# The role of DNA damage tolerance pathways in human cells

> **NIH NIH R01** · UNIVERSITY OF MINNESOTA · 2022 · $294,297

## Abstract

Project Summary
Accurate DNA replication is essential for preserving genomic stability and protecting
against carcinogenesis. Obstacles to DNA replication, such as DNA adducts, secondary
DNA structures, or nucleotide depletion block the progression of DNA polymerases and
thus arrest replication forks, which can lead to fork collapse and DNA breaks. As this is a
source for point mutations and structural variations, understanding replication stress is
important for both cancer prevention and treatment. Stalled replication forks can be
reversed, a process which stabilizes stalled forks, but also exposes them to nucleolytical
degradation, unless protected through loading of RAD51 by the FA-BRCA pathway.
 PCNA is an essential replication fork component, which upon exposure to DNA
damage is ubiquitinated at lysine (K) 164. This event controls two mechanisms of DNA
lesion bypass, translesion synthesis and template switching. While traditionally PCNA
mono-ubiquitination was considered a DNA damage-induced event, recent work by our
laboratories and others suggested a more broad impact of PCNA ubiquitination during
replication. To mechanistically address this, we employed the CRISPR/Cas9 genome
editing technology to introduce the K164R mutation in the endogenous PCNA alleles in
HEK293T, RPE1, and HCT116 cells. Preliminary characterization of these cells revealed
unexpected genomic instability features, including telomere erosion, replication fork
degradation, and gross chromosomal rearrangements. Based on these preliminary
results, we propose that PCNA ubiquitination has previously unrecognized roles in
regulating genomic stability. We will address this in three specific aims:
 Aim 1 will investigate the role of PCNA modification at K164 in telomere
maintenance. Aim 2 will investigate the role of K164-modified PCNA in suppressing
replication fork degradation.

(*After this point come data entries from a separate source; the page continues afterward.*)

module _ (F : FileSystem) (L : IsLawful F) (Options : Type 0) (N : Arithmetic)
    (X : Outside F Options N) (O : Onion) (laws : IsOnion O) (J : Printers (models Options N))
    (P : Parsers (models Options N).Send (models Options N).Retrieve (models Options N).Command)
    (parse_info : Bytes → Result InfoRequest) (no_info : InfoRequest) where
  -- The server for a request.
  abbrev pub serve : Request → Served F Options N → Outcome (Served F Options N) (Option Reply)
  serve = main_url (models Options N) (agent F Options N X) J O P parse_info no_info

  -- The states behind requests that were answered, one after the other.
  pub data Serves : Served F Options N → Served F Options N → Type 0 where
    idle : (w : Served F Options N) → Serves w w
    then_serves :
        (w v u : Served F Options N) (req : Request) (r : Option Reply)
        → Serves w v
        → serve req v ≡ returns r u
        → Serves w u

  -- What query_available may answer, in the terms of the start.
  abbrev pub Offers : ℕ → Served F Options N → Served F Options N → Type 0
  Offers n w u =
      (topic : Bytes)
      → Ensures ((agent F Options N X).query_available topic u)
          (λ r v.
            IsAvailable F Options w.members.dirs X.crc32 X.from_json L topic n r
              (world_of F Options N X v))
          (λ e v. Unit {0})

  module _ (limit : ℕ) (small : limit < 2 ^ 64) (v : Served F Options N)
      (limited : v.members.max_query ≡ pos limit) where
    abbrev Same : Served F Options N → Type 0
    Same = IsSettled F L Options N X (settings_of v.members) v.latch limit small limited

    step_settled :
        (req : Request) (r : Option Reply) (u t : Served F Options N)
        → Same u
        → serve req u ≡ returns r t
        → Same t
    step_settled req r u t i e = read r (
        Ensures-returns (Answered (λ q. Same) (λ x. Same) u) (λ x. Same) r t
          (main_url-Keeps (models Options N) (agent F Options N X) J O laws P parse_info no_info
            Same
            (agent-Keeps F L Options N X (settings_of v.members) v.latch limit small limited O laws
              J P parse_info no_info)
            req u i)
          e)
      where
        read : (r : Option Reply) → Answered (λ q. Same) (λ x. Same) u r t → Same t
        read none h = absurd h
        read (some r) h = h

    settled : (u t : Served F Options N) → Serves u t → Same u → Same t
    settled u t (idle _) i = i
    settled u t (then_serves _ x _ req r before e) i =
        step_settled req r x t (settled u x before i) e

  offered :
      (n : ℕ) (w u : Served F Options N)
      → n < 2 ^ 64
      → u.members.max_query ≡ pos n
      → u.members.dirs ≡ w.members.dirs
      → IsTrue F Options u.members.dirs X.crc32 X.from_json L u.members.meta_cache
      → Offers n w u
  unfolding agent
  offered n w u small limit same filled topic =
      at u.members.dirs u.members.max_query limit same filled
    where
      go :
          (o : Outcome (World F Options) (ResponseCode AvailableFiles))
          → Ensures o
              (IsAvailable F Options w.members.dirs X.crc32 X.from_json L topic n)
              (λ e v. IsTrue F Options w.members.dirs X.crc32 X.from_json L v.meta_cache)
          → Ensures
              (elim o [
                | returns a v ↦ returns a (with_world F Options N X v u)
                | throws e v ↦ throws e (with_world F Options N X v u)
              ])
              (λ r v.
                IsAvailable F Options w.members.dirs X.crc32 X.from_json L topic n r
                  (world_of F Options N X v))
              (λ e v. Unit {0})
      go (returns a v) h = h
      go (throws e v) h = tt

      at :
          (dirs : Dirs) (max_query : ℤ)
          → max_query ≡ pos n
          → dirs ≡ w.members.dirs
          → IsTrue F Options dirs X.crc32 X.from_json L u.members.meta_cache
          → Ensures
              (elim (query_available F Options dirs X.crc32 X.from_json max_query topic
                (world_of F Options N X u)) [
                  | returns a v ↦ returns a (with_world F Options N X v u)
                  | throws e v ↦ throws e (with_world F Options N X v u)
                ])
              (λ r v.
                IsAvailable F Options w.members.dirs X.crc32 X.from_json L topic n r
                  (world_of F Options N X v))
              (λ e v. Unit {0})
      at dirs max_query e d filled =
          rw (e, d)
            (go _ (
              query_available_bounded F Options w.members.dirs X.crc32 X.from_json L topic n
                (world_of F Options N X u) small (rw d at filled)))

  -- For a library that picks a route whose pattern matches, a limit below 2^64, and a cache whose
  -- entries were read from their files: whatever requests the agent behind its routers has
  -- answered, one after the other, its settings and the latch are as they were at the start, and
  -- query_available keeps to the limit of the start. It answers with at most so many files, with
  -- exactly so many if it says that there are more, and each is recorded, with the topic, in
  -- metadata that was parsed from what a file of the upload directory held.
  pub serve_lem :
      (n : ℕ) (w u : Served F Options N)
      → n < 2 ^ 64
      → w.members.max_query ≡ pos n
      → IsTrue F Options w.members.dirs X.crc32 X.from_json L w.members.meta_cache
      → Serves w u
      → (settings_of u.members ≡ settings_of w.members) × (u.latch ≡ w.latch) × Offers n w u
  serve_lem n w u small limit filled run =
      let (same, latched, filled') = settled n small w limit w u run (refl, refl, filled) in
      (
        same,
        latched,
        offered n w u small (ap (λ g. g.max_query) same ∙ limit) (ap (λ g. g.dirs) same) filled',
      )
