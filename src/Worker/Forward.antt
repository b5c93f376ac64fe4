-- ===== src/Worker/Forward.antt =====
-- internal/worker/forward.go: the request that a forward action sends.
pub mod Timeout
use hookwatch.Header.{Header, get, set}
use hookwatch.Models.{ForwardConfig}
use hookwatch.Prelude.{
  List, Option, Result, String, [], err, false, if◌then◌else◌, ltb, ltb_ℤ, nat_eq, negsuc, none,
  not, ok, pos, pos_part, some, string_eq, to_upper, ℕ, ℤ, ◌%◌, ◌&&◌, ◌*◌, ◌-◌, ◌==◌, ◌∷◌,
}
use hookwatch.Store.Db.{second}
use hookwatch.Worker.Codec.{Codec, Incoming, Moment, Outgoing, number, word}
use hookwatch.Worker.Executors.{Execution, Outcome, PipelineContext}

-- A 64-bit integer by its value modulo 2 ^ 64.
unfoldable pub wrap_int64 : ℕ → ℤ
wrap_int64 n =
    let m = n % 18_446_744_073_709_551_616 in
    if ltb m 9_223_372_036_854_775_808 then pos m else negsuc (18_446_744_073_709_551_616 - m - 1)

-- A timeout of at most maxForwardTimeout, in nanoseconds; defaultForwardTimeout where none is set.
-- The product of the seconds is a time.Duration, so it wraps around.
unfoldable pub forward_timeout : ℤ → ℤ
unfolding wrap_int64
forward_timeout seconds =
    let timeout = wrap_int64 (pos_part seconds * second) in
    if ltb_ℤ (pos 0) seconds
    then if ltb_ℤ (pos (30 * second)) timeout then pos (30 * second) else timeout
    else pos (10 * second)

unfoldable pub set_all : Codec → List (String × String) → Header → Header
set_all codec [] h = h
set_all codec ((k, v) ∷ rest) h = set_all codec rest (set (codec.canonical k) v h)

unfoldable pub with_content_type : String → Header → Header
with_content_type content_type h =
    if not (content_type == "") && get "Content-Type" h == ""
    then set "Content-Type" content_type h
    else h

unfoldable pub outgoing : Codec → PipelineContext → ForwardConfig → Outgoing
unfolding set_all with_content_type forward_timeout
outgoing codec pctx cfg = record {
  method = if cfg.method == "" then pctx.method else to_upper cfg.method;
  url = cfg.url;
  header =
      with_content_type pctx.content_type
        (set_all codec cfg.headers (set_all codec pctx.headers []));
  body = pctx.body;
  timeout = forward_timeout cfg.timeout;
}

abbrev pub answered : String → Result String Incoming → Result String Outcome
answered url (err e) = err e
answered url (ok response) = ok (record {
  status = "success";
  result_data =
      ("status_code", number response.status_code)
      ∷ ("body", word response.body)
      ∷ ("duration_ms", number response.duration_ms)
      ∷ ("url", word url)
      ∷ [];
  stop_pipeline = false;
})

-- The request is sent unless it could not be made.
unfoldable pub sent : Moment → Outgoing → Option String → Result String Outcome
sent now request (some e) = err e
sent now request none = answered request.url (now.send request)

unfoldable pub execute_forward :
    Codec → Moment → PipelineContext → Result String ForwardConfig → Execution
unfolding outgoing sent
execute_forward codec now pctx (err e) = (err e, pctx)
execute_forward codec now pctx (ok cfg) =
    (sent now (outgoing codec pctx cfg) (now.new_request (outgoing codec pctx cfg)), pctx)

Aim 3 will elucidate the functional impact of PCNA
modification at K164 on genomic rearrangements. Our work is poised to uncover novel
cellular mechanisms regulated by PCNA modification at K164, and will have a significant
impact on our understanding of genome integrity.

## Key facts

- **NIH application ID:** 10436922
- **Project number:** 5R01GM134681-04
- **Recipient organization:** UNIVERSITY OF MINNESOTA
- **Principal Investigator:** Anja-Katrin Bielinsky
- **Activity code:** R01 (R01, R21, SBIR, etc.)
- **Funding institute:** NIH
- **Fiscal year:** 2022
- **Award amount:** $294,297
- **Award type:** 5
- **Project period:** 2019-08-14 → 2022-11-14

## Primary source

NIH RePORTER: https://reporter.nih.gov/project-details/10436922

## Citation

> US National Institutes of Health, RePORTER application 10436922, The role of DNA damage tolerance pathways in human cells (5R01GM134681-04). Retrieved via AI Analytics 2026-05-23 from https://api.ai-analytics.org/grant/nih/10436922. Licensed CC0.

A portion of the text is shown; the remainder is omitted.